● **What to work on**:
Pick the lines holding the string "other" out of the records and copy them.
----
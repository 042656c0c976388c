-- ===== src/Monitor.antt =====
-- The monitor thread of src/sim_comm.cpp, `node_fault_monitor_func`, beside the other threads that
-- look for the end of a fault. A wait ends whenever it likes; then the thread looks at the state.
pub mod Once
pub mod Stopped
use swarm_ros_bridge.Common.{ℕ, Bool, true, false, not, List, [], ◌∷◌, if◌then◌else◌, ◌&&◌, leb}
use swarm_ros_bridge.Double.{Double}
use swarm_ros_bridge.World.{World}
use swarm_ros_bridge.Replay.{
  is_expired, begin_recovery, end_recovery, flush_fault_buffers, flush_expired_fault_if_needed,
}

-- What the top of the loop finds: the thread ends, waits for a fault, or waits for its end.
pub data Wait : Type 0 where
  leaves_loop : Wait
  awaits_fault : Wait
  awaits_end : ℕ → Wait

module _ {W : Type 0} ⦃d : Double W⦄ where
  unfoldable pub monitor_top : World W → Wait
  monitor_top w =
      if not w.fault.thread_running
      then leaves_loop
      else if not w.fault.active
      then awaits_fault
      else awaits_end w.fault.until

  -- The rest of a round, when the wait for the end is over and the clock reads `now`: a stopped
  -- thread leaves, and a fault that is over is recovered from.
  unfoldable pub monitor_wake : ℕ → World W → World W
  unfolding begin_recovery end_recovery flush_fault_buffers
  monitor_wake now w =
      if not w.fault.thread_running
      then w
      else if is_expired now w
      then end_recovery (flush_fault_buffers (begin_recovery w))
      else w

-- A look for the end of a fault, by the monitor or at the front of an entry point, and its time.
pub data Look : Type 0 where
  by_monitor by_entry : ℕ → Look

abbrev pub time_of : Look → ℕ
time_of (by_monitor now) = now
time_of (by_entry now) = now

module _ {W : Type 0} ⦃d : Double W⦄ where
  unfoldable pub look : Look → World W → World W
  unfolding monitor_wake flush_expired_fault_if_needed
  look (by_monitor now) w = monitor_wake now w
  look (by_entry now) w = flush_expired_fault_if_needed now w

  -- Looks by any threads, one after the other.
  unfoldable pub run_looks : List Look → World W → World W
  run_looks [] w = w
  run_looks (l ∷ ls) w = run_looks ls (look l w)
----
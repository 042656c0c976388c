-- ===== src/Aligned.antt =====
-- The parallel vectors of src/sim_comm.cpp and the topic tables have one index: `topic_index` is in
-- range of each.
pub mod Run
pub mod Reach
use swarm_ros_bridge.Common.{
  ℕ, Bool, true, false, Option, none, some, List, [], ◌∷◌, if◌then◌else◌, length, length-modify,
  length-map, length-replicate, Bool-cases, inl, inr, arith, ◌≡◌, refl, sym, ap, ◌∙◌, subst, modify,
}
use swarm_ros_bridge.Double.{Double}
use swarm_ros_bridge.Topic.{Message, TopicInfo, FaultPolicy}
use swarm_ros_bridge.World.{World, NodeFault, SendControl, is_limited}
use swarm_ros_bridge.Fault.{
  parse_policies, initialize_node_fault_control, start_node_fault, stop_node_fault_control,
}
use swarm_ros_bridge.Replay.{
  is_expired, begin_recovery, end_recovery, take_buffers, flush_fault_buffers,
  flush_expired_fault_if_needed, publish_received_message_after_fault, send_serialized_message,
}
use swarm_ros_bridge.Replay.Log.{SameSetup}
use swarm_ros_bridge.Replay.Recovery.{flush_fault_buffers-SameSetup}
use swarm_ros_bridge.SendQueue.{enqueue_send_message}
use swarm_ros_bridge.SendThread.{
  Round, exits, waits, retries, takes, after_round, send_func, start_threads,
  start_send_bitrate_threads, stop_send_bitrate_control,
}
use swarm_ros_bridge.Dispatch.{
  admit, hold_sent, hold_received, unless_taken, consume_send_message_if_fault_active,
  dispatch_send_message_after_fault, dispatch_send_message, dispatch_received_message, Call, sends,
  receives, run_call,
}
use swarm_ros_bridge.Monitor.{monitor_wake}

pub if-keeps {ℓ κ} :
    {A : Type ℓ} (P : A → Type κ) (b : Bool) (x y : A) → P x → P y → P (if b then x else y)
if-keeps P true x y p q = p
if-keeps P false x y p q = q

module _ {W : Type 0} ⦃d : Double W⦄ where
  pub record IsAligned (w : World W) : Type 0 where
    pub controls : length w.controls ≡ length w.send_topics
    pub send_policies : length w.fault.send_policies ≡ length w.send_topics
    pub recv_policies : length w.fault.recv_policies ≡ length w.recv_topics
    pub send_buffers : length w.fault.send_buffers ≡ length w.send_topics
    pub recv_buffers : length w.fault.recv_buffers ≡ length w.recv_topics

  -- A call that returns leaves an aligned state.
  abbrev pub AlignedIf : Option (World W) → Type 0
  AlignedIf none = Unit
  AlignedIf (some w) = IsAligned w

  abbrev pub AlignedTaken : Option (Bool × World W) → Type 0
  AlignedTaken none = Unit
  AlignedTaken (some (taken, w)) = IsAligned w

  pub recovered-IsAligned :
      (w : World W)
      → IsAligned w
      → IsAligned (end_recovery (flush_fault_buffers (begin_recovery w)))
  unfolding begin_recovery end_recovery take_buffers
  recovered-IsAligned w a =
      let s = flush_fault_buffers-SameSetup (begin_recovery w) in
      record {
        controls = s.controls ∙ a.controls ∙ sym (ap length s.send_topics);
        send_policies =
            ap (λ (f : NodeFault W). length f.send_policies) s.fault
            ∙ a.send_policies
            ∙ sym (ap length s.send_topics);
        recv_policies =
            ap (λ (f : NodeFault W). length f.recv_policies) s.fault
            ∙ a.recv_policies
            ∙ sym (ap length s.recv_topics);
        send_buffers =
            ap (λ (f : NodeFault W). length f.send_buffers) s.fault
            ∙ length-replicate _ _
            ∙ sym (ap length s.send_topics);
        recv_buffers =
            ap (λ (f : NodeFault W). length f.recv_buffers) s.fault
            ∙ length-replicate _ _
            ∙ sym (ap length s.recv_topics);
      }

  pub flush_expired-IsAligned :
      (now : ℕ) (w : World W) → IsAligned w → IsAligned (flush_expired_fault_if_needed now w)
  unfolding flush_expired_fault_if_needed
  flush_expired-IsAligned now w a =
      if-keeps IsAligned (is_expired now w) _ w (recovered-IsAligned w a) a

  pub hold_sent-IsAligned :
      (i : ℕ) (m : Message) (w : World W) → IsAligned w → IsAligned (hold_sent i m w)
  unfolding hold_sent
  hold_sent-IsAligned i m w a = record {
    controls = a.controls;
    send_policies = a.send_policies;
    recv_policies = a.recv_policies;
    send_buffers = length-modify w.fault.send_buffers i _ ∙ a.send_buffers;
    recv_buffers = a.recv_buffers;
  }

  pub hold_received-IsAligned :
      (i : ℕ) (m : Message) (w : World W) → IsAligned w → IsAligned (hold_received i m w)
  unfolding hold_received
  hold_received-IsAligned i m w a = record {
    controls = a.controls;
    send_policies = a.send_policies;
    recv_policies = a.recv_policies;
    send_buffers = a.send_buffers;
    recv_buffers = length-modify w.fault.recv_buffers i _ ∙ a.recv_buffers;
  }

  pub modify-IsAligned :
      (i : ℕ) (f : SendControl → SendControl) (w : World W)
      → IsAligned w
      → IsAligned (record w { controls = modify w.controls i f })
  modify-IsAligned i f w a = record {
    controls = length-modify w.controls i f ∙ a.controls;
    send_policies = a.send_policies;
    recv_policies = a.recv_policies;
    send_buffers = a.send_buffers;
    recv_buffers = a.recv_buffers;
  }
----
● **Answer for this exercise**:
-- The monitor thread of src/sim_comm.cpp, `node_fault_monitor_func`, beside the other threads that
  -- Looks by any threads, one after the other.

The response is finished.